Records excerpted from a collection
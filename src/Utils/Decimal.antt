-- ===== src/Utils/Decimal.antt =====
-- `strtol_deci` against the value of a decimal numeral.
mod Tests
use avisor.Prelude.{
  ℕ, zero, suc, ◌+◌, ◌-◌, ◌*◌, ◌/◌, ◌%◌, ◌^◌, ◌≤◌, ◌<◌, ◌≡◌, refl, ap, ◌∙◌, sym, inl, inr, min,
  arith, Bool, true, false, Option, none, some, List, [], ◌∷◌, ◌++◌, ◌==◌, if◌then◌else◌, ltb, leb,
  Bool-cases,
}
use avisor.Utils.{
  isspace, isdigit, long_max, long_min, skip_space, take_sign, accumulate, number, strtol_deci,
}

-- The value of some decimal digits, after those that make `acc`.
abbrev pub value : ℕ → List ℕ → ℕ
value acc [] = acc
value acc (d ∷ ds) = value (acc * 10 + d) ds

-- Each is less than ten.
abbrev pub AreDigits : List ℕ → Type 0
AreDigits [] = Unit
AreDigits (d ∷ ds) = (d < 10) × AreDigits ds

-- The characters of digits, and then others.
abbrev pub numeral : List ℕ → List ℕ → List ℕ
numeral [] rest = rest
numeral (d ∷ ds) rest = (d + 0x30) ∷ numeral ds rest

-- The text after the digits does not start with one.
abbrev pub Ends : List ℕ → Type 0
Ends [] = Unit
Ends (c ∷ s) = isdigit c ≡ false

value-le : (acc : ℕ) (ds : List ℕ) → acc ≤ value acc ds
value-le acc [] = omega arith
value-le acc (d ∷ ds) = omega (arith, value-le (acc * 10 + d) ds)

abbrev pub AllSpace : List ℕ → Type 0
AllSpace [] = Unit
AllSpace (c ∷ s) = (isspace c ≡ true) × AllSpace s

abbrev pub NoSpace : List ℕ → Type 0
NoSpace [] = Unit
NoSpace (c ∷ s) = isspace c ≡ false

leb→le : (a b : ℕ) → leb a b ≡ true → a ≤ b
leb→le a b h = ground arith

-- The value if it is within the limit.
abbrev pub within : ℕ → ℕ → Option ℕ
within limit n = if leb n limit then some n else none

accumulate_lem :
    (limit : ℕ) (ds rest : List ℕ) (acc : ℕ)
    → limit ≤ 2 ^ 63
    → acc ≤ limit
    → AreDigits ds
    → Ends rest
    → accumulate limit (numeral ds rest) acc ≡ within limit (value acc ds)
unfolding accumulate
accumulate_lem limit [] [] acc b h ok ends = ground arith
accumulate_lem limit [] (c ∷ rest) acc b h ok ends = rw ends (ground arith)
accumulate_lem limit (d ∷ ds) rest acc b h (lt, ok) ends =
    elim (Bool-cases (leb (acc * 10 + d) limit)) [
      | inl fits ↦
          ground (arith, accumulate_lem limit ds rest (acc * 10 + d) b (leb→le _ _ fits) ok ends)
      | inr over ↦ ground (arith, value-le (acc * 10 + d) ds)
    ]

skip_space_lem : (space s : List ℕ) → AllSpace space → NoSpace s → skip_space (space ++ s) ≡ s
unfolding skip_space
skip_space_lem [] [] ok ends = refl
skip_space_lem [] (c ∷ s) ok ends = rw ends
skip_space_lem (c ∷ space) s (is, ok) ends = rw is (skip_space_lem space s ok ends)

pub data Sign : Type 0 where
  bare plus minus : Sign

-- A sign and the text after it.
abbrev pub signed : Sign → List ℕ → List ℕ
signed bare s = s
signed plus s = 0x2b ∷ s
signed minus s = 0x2d ∷ s

abbrev pub is_minus : Sign → Bool
is_minus bare = false
is_minus plus = false
is_minus minus = true

-- A number brought into the range of `int64_t`, as a word.
abbrev pub clamp : Sign → ℕ → ℕ
clamp bare n = min n (2 ^ 63 - 1)
clamp plus n = min n (2 ^ 63 - 1)
clamp minus n = (2 ^ 64 - min n (2 ^ 63)) % 2 ^ 64

take_sign_lem :
    (sign : Sign) (d : ℕ) (ds rest : List ℕ)
    → d < 10
    → take_sign (signed sign (numeral (d ∷ ds) rest)) ≡ (is_minus sign, numeral (d ∷ ds) rest)
unfolding take_sign
take_sign_lem bare d ds rest lt = ground arith
take_sign_lem plus d ds rest lt = refl
take_sign_lem minus d ds rest lt = refl

signed-NoSpace :
    (sign : Sign) (d : ℕ) (ds rest : List ℕ)
    → d < 10
    → NoSpace (signed sign (numeral (d ∷ ds) rest))
signed-NoSpace bare d ds rest lt = ground arith
signed-NoSpace plus d ds rest lt = refl
signed-NoSpace minus d ds rest lt = refl

number_lem :
    (sign : Sign) (d : ℕ) (ds rest : List ℕ)
    → AreDigits (d ∷ ds)
    → Ends rest
    → number (is_minus sign, numeral (d ∷ ds) rest) ≡ clamp sign (value 0 (d ∷ ds))
unfolding number
number_lem bare d ds rest ok ends =
    rw (number, accumulate_lem long_max (d ∷ ds) rest 0 (omega arith) (omega arith) ok ends)
      (ground arith)
number_lem plus d ds rest ok ends =
    rw (number, accumulate_lem long_max (d ∷ ds) rest 0 (omega arith) (omega arith) ok ends)
      (ground arith)
number_lem minus d ds rest ok ends =
    rw (number, accumulate_lem long_min (d ∷ ds) rest 0 (omega arith) (omega arith) ok ends)
      (ground arith)

-- After white space and at most one sign, `strtol_deci` reads the decimal numeral up to the first
-- character that is no digit, and returns its value, negated after a minus; a value out of the
-- range of `int64_t` is brought to the nearest end of the range.
pub strtol_deci_lem :
    (space : List ℕ) (sign : Sign) (d : ℕ) (ds rest : List ℕ)
    → AllSpace space
    → AreDigits (d ∷ ds)
    → Ends rest
    → strtol_deci (space ++ signed sign (numeral (d ∷ ds) rest)) ≡ clamp sign (value 0 (d ∷ ds))
unfolding strtol_deci
strtol_deci_lem space sign d ds rest ok (lt, digits) ends =
    let text = signed sign (numeral (d ∷ ds) rest) in
    ap (λ t. number (take_sign t)) (skip_space_lem space text ok (signed-NoSpace sign d ds rest lt))
    ∙ ap number (take_sign_lem sign d ds rest lt)
    ∙ number_lem sign d ds rest (lt, digits) ends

- [PROBLEM TO WORK ON]:
From the line containing "-- After white" down to the last line of the records above, print every line exactly, with both ends kept.

- [ANSWER FOR THE TASK]:
-- After white space and at most one sign, `strtol_deci` reads the decimal numeral up to the first
-- character that is no digit, and returns its value, negated after a minus; a value out of the
-- range of `int64_t` is brought to the nearest end of the range.
pub strtol_deci_lem :
    (space : List ℕ) (sign : Sign) (d : ℕ) (ds rest : List ℕ)
    → AllSpace space
    → AreDigits (d ∷ ds)
    → Ends rest
    → strtol_deci (space ++ signed sign (numeral (d ∷ ds) rest)) ≡ clamp sign (value 0 (d ∷ ds))
unfolding strtol_deci
strtol_deci_lem space sign d ds rest ok (lt, digits) ends =
    let text = signed sign (numeral (d ∷ ds) rest) in
    ap (λ t. number (take_sign t)) (skip_space_lem space text ok (signed-NoSpace sign d ds rest lt))
    ∙ ap number (take_sign_lem sign d ds rest lt)
    ∙ number_lem sign d ds rest (lt, digits) ends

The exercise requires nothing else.